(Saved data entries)
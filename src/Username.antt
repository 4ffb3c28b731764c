-- ===== src/Username.antt =====
-- validateHiveUsername of packages/protocol/src/username.ts, over code points.
use Prim.Native.Char.{Char, code}
use Prim.Native.String
use nftlox.Prelude.{
  ℕ, ◌+◌, ◌-◌, String, Bool, true, false, ◌&&◌, ◌||◌, Option, none, some, List, [], ◌∷◌, ltb, leb,
  eqb, if◌then◌else◌,
}

pub data UsernameError : Type 0 where
  empty too_short too_long : UsernameError
  segment_must_start_lowercase segment_invalid_chars segment_must_end_alnum : UsernameError
  segment_too_short : UsernameError

unfoldable pub codes : String → List ℕ
codes String.[] = []
codes (String.◌∷◌ c s) = code c ∷ codes s

-- `toLowerCase` on ASCII; the other letters are kept.
lower_char : Char → String
lower_char c =
    if leb b'A' (code c) && leb (code c) b'Z'
    then String.slice "abcdefghijklmnopqrstuvwxyz" (code c - 65) (code c - 64)
    else String.◌∷◌ c ""

unfoldable pub lower_text : String → String
unfolding lower_char
lower_text String.[] = ""
lower_text (String.◌∷◌ c s) = String.◌++◌ (lower_char c) (lower_text s)

-- `s.length`: UTF-16 code units.
unfoldable pub utf16_length : List ℕ → ℕ
utf16_length [] = 0
utf16_length (c ∷ cs) = (if ltb c 65536 then 1 else 2) + utf16_length cs

unfoldable pub is_lower : ℕ → Bool
is_lower c = leb b'a' c && leb c b'z'

unfoldable pub is_digit : ℕ → Bool
is_digit c = leb b'0' c && leb c b'9'

-- /^[a-z]/
starts_lowercase : List ℕ → Bool
unfolding is_lower
starts_lowercase [] = false
starts_lowercase (c ∷ cs) = is_lower c

-- /^[a-z0-9-]*$/
has_segment_charset : List ℕ → Bool
unfolding is_lower is_digit
has_segment_charset [] = true
has_segment_charset (c ∷ cs) = (is_lower c || is_digit c || eqb c b'-') && has_segment_charset cs

-- /[a-z0-9]$/
ends_alnum : List ℕ → Bool
unfolding is_lower is_digit
ends_alnum [] = false
ends_alnum (c ∷ []) = is_lower c || is_digit c
ends_alnum (c ∷ d ∷ cs) = ends_alnum (d ∷ cs)

-- Put a code point before the first segment.
push_head : ℕ → List (List ℕ) → List (List ℕ)
push_head c [] = (c ∷ []) ∷ []
push_head c (seg ∷ segs) = (c ∷ seg) ∷ segs

-- `username.split(".")`
split_dots : List ℕ → List (List ℕ)
unfolding push_head
split_dots [] = [] ∷ []
split_dots (c ∷ cs) = let rest = split_dots cs in if eqb c b'.' then [] ∷ rest else push_head c rest

validate_segment : List ℕ → Option UsernameError
unfolding starts_lowercase has_segment_charset ends_alnum utf16_length
validate_segment seg =
    if starts_lowercase seg
    then if has_segment_charset seg
      then if ends_alnum seg
        then if ltb (utf16_length seg) 3 then some segment_too_short else none
        else some segment_must_end_alnum
      else some segment_invalid_chars
    else some segment_must_start_lowercase

-- The `for … of` over the segments: the first error is returned.
validate_segments : List (List ℕ) → Option UsernameError
unfolding validate_segment
validate_segments [] = none
validate_segments (seg ∷ segs) = elim (validate_segment seg) [
  | none ↦ validate_segments segs
  | some e ↦ some e
]

unfoldable pub validate_hive_username : String → Option UsernameError
unfolding codes utf16_length split_dots validate_segments
validate_hive_username username =
    let cs = codes username in
    if eqb (utf16_length cs) 0
    then some empty
    else if ltb (utf16_length cs) 3
    then some too_short
    else if ltb 16 (utf16_length cs)
    then some too_long
    else validate_segments (split_dots cs)
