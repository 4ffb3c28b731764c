-- ===== src/Api/Idempotency.antt =====
-- packages/indexer/src/api/services/idempotency-cache.ts. The cache is a `Map`: a table in the order
-- of insertion, where a key that is set again keeps its place.
use nftlox.Prelude.{
  ℕ, ◌+◌, String, Bool, true, not, ◌&&◌, ◌||◌, Option, none, some, List, [], ◌∷◌, ◌==◌, length, ltb,
  leb, eqb, if◌then◌else◌,
}
use nftlox.Table.{Table, get, upsert}
use nftlox.Json.{Value}
use nftlox.Username.{codes, is_digit, is_lower}

pub record CacheEntry : Type 0 where
  pub body_hash : String
  pub status : ℕ
  pub body : Value
  pub expires_at : ℕ

pub data IdempotencyLookupResult : Type 0 where
  hit : ℕ → Value → IdempotencyLookupResult
  miss mismatch invalid_key : IdempotencyLookupResult

pub record IdempotencyCacheOptions : Type 0 where
  pub ttl_ms : ℕ
  pub max_entries : ℕ

-- [A-Za-z0-9_-]
is_key_char : ℕ → Bool
unfolding is_digit is_lower
is_key_char c = is_digit c || is_lower c || (leb b'A' c && leb c b'Z') || eqb c b'_' || eqb c b'-'

all_key_chars : List ℕ → Bool
unfolding is_key_char
all_key_chars [] = true
all_key_chars (c ∷ cs) = is_key_char c && all_key_chars cs

-- /^[A-Za-z0-9_-]{16,128}$/
unfoldable pub is_valid_idempotency_key : String → Bool
unfolding codes all_key_chars
is_valid_idempotency_key key =
    let cs = codes key in leb 16 (length cs) && leb (length cs) 128 && all_key_chars cs

-- The loop stops at the first entry that has not expired.
unfoldable pub evict_expired : ℕ → Table CacheEntry → Table CacheEntry
evict_expired now [] = []
evict_expired now ((k, e) ∷ t) =
    let rest = evict_expired now t in if ltb now e.expires_at then (k, e) ∷ t else rest

unfoldable pub evict_overflow : ℕ → Table CacheEntry → Table CacheEntry
evict_overflow max_entries [] = []
evict_overflow max_entries (row ∷ t) =
    let rest = evict_overflow max_entries t in
    if ltb max_entries (length (row ∷ t)) then rest else row ∷ t

unfoldable pub answer : Option CacheEntry → String → IdempotencyLookupResult
answer none body_hash = miss
answer (some e) body_hash = if e.body_hash == body_hash then hit e.status e.body else mismatch

unfoldable pub lookup :
    String → String → ℕ → Table CacheEntry → IdempotencyLookupResult × Table CacheEntry
lookup key body_hash now entries =
    if not (is_valid_idempotency_key key)
    then (invalid_key, entries)
    else (let kept = evict_expired now entries in (answer (get key kept) body_hash, kept))

unfoldable pub store :
    IdempotencyCacheOptions → String → String → ℕ → Value → ℕ → Table CacheEntry → Table CacheEntry
store options key body_hash status body now entries =
    if not (is_valid_idempotency_key key)
    then entries
    else evict_overflow options.max_entries (
        upsert key
          (record {
            body_hash = body_hash;
            status = status;
            body = body;
            expires_at = now + options.ttl_ms;
          })
          entries)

* [Task goal]: All lines from the beginning of the entries through the line marked "letters are kept." are to be output exactly; nothing else belongs in the answer.

* [Response to this task]:
filename src/Username.antt
repository 4ffb3c28b731764c
-- ===== src/Username.antt =====
-- validateHiveUsername of packages/protocol/src/username.ts, over code points.
use Prim.Native.Char.{Char, code}
use Prim.Native.String
use nftlox.Prelude.{
  ℕ, ◌+◌, ◌-◌, String, Bool, true, false, ◌&&◌, ◌||◌, Option, none, some, List, [], ◌∷◌, ltb, leb,
  eqb, if◌then◌else◌,
}

pub data UsernameError : Type 0 where
  empty too_short too_long : UsernameError
  segment_must_start_lowercase segment_invalid_chars segment_must_end_alnum : UsernameError
  segment_too_short : UsernameError

unfoldable pub codes : String → List ℕ
codes String.[] = []
codes (String.◌∷◌ c s) = code c ∷ codes s

-- `toLowerCase` on ASCII; the other letters are kept.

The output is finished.